Im Verlauf der Shippuden-Serie setzt Ibiki die Technik während des Angriffs von Pain auf Konohagakure ein. Er führt eine Gruppe von ANBU-Mitgliedern an, die dem Tierpfad von Pain und dessen beschworenen Bestien gegenüberstehen. Ibiki wendet die Beschwörung: Folterkammer auf den Tierpfad an, wird jedoch damit konfrontiert, dass die gefangene Person kein echtes Lebewesen ist, sondern eine Leichenpuppe, die von Nagato ferngesteuert wird. Da die Puppe keinen Schmerz empfindet, versagt die Wirkung der Technik vollständig, und Ibiki wird infolgedessen schwer verwundet. Die Szene verdeutlicht sowohl die Stärke der Technik gegen lebende Gegner als auch ihre klare Grenze gegen Painstil-Marionetten.
Anwender
Wissenswertes
- Die Statue, die die Folterkammer krönt, zeigt Fukusuke, eine traditionelle japanische Glücksfigur, die normalerweise Kaufleuten Wohlstand bringen soll. Der Kontrast zwischen der harmlosen Glücksbedeutung der Figur und dem Zweck der Folterkammer ist ein typisches Element des Naruto-Humors mit dunkler Note.
- Ibiki setzt mit dieser Technik auch die Beschwörung: Eiserne Jungfrau ein, eine verwandte Technik, bei der er eine riesige Maneki-Neko-Statue (Winkekatze) aus dem Boden aufsteigen lässt. Auch dort wird eine harmlose japanische Glücksfigur als Grundlage für ein gefährliches Kampfmittel genutzt.

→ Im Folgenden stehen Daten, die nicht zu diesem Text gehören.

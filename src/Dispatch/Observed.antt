-- ===== src/Dispatch/Observed.antt =====
-- The URL observations of the primary and of a replica (src/db.rs, src/apply.rs).
use stophammer.Common.{
  ◌≡◌, refl, Option, none, some, List, [], ◌∷◌, ◌++◌, String, str_eq, Bool-cases, inl, inr,
}
use stophammer.Common.Int.{ℤ}
use stophammer.Common.Keyed.{find, put, find-put}
use stophammer.Dispatch.Observations.{
  FeedUrlObservation, get_feed_url_observation, observation, by_observation,
  record_feed_url_observation, upsert_feed_url_observation,
}

-- One URL that gave a GUID at a time.
pub record Sighting : Type 0 where
  pub url : String
  pub feed_guid : String
  pub seen_at : ℤ

abbrev pub Rows : Type 0
Rows = List (String × FeedUrlObservation)

abbrev pub event_of : Option FeedUrlObservation → List FeedUrlObservation
event_of none = []
event_of (some o) = o ∷ []

-- The table of the primary after the sightings, and the events that it signs.
unfoldable pub observe : Rows → List Sighting → Rows × List FeedUrlObservation
unfolding record_feed_url_observation
observe rows [] = (rows, [])
observe rows (s ∷ rest) =
    let step = record_feed_url_observation rows s.url s.feed_guid s.seen_at in
    let later = observe step.0 rest in (later.0, event_of step.1 ++ later.1)

unfoldable pub apply_observations : Rows → List FeedUrlObservation → Rows
unfolding upsert_feed_url_observation
apply_observations rows [] = rows
apply_observations rows (o ∷ rest) =
    apply_observations (upsert_feed_url_observation rows o.url o.feed_guid o.observed_at) rest

abbrev pub SameRows : Rows → Rows → Type 0
SameRows p r = (k : String) → find k p ≡ find k r

put_same :
    (p r : Rows) (url : String) (o : FeedUrlObservation)
    → SameRows p r
    → SameRows (put url o p) (put url o r)
put_same p r url o same k = rw (find-put url k o p, find-put url k o r, same k) refl

-- Where a replica has the rows of the primary, it has them after it applied the events of any sightings.
pub observe-SameRows :
    (p r : Rows) (sightings : List Sighting)
    → SameRows p r
    → SameRows (observe p sightings).0 (apply_observations r (observe p sightings).1)
unfolding observe apply_observations record_feed_url_observation upsert_feed_url_observation
observe-SameRows p r [] same = same
observe-SameRows p r (s ∷ rest) same =
    by_row (λ a b h. observe-SameRows a b rest h) (get_feed_url_observation p s.url)
  where
    by_row :
        ((a b : Rows)
          → SameRows a b
          → SameRows (observe a rest).0 (apply_observations b (observe a rest).1))
        → (o : Option FeedUrlObservation)
        → let step = by_observation p s.url s.feed_guid s.seen_at o in
          SameRows
            (observe step.0 rest).0
            (apply_observations r (event_of step.1 ++ (observe step.0 rest).1))
    by_row later none =
        later (put s.url (observation s.url s.feed_guid s.seen_at) p)
          (put s.url (observation s.url s.feed_guid s.seen_at) r)
          (put_same p r s.url (observation s.url s.feed_guid s.seen_at) same)
    by_row later (some row) = elim (Bool-cases (str_eq row.feed_guid s.feed_guid)) [
      | inl e ↦ rw e (later p r same)
      | inr e ↦ rw e (
          later (put s.url (observation s.url s.feed_guid s.seen_at) p)
            (put s.url (observation s.url s.feed_guid s.seen_at) r)
            (put_same p r s.url (observation s.url s.feed_guid s.seen_at) same))
    ]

- Die einzigartige Eigenschaft, dass Ibiki den Schmerz seines Gefangenen selbst mitempfindet, macht die Technik zu einem zweischneidigen Schwert: Sie gibt ihm Kontrolle über die genaue Intensität der Folter, setzt ihn aber gleichzeitig demselben Leid aus.
- Der erste und einzige bekannte Einsatz der Technik im Anime richtet sich gegen den Tierpfad von Pain, eine Leichenpuppe. Da Nagatos Schmerzpfade keine eigene Schmerzwahrnehmung besitzen, bricht die Technik nach kurzer Zeit zusammen und Ibiki wird schwer verletzt, was die Achillesferse der Technik klar benennt.
- Die Technik erscheint ausschließlich im Anime (Folge 380, Naruto Shippuden) und hat keine bekannte Entsprechung im Manga von Masashi Kishimoto. Sie ist damit eine reine Anime-Exklusivtechnik für Ibiki.
- Ibiki Morino ist als Leiter der ANBU-Vernehmungsabteilung in Konoha bekannt und gilt als einer der gefürchtetsten Verhörspezialisten der gesamten Naruto-Welt. Die Folterkammer verkörpert seine Philosophie, dass Informationen durch gezielt eingesetzten Schmerz und psychologischen Druck gewonnen werden können.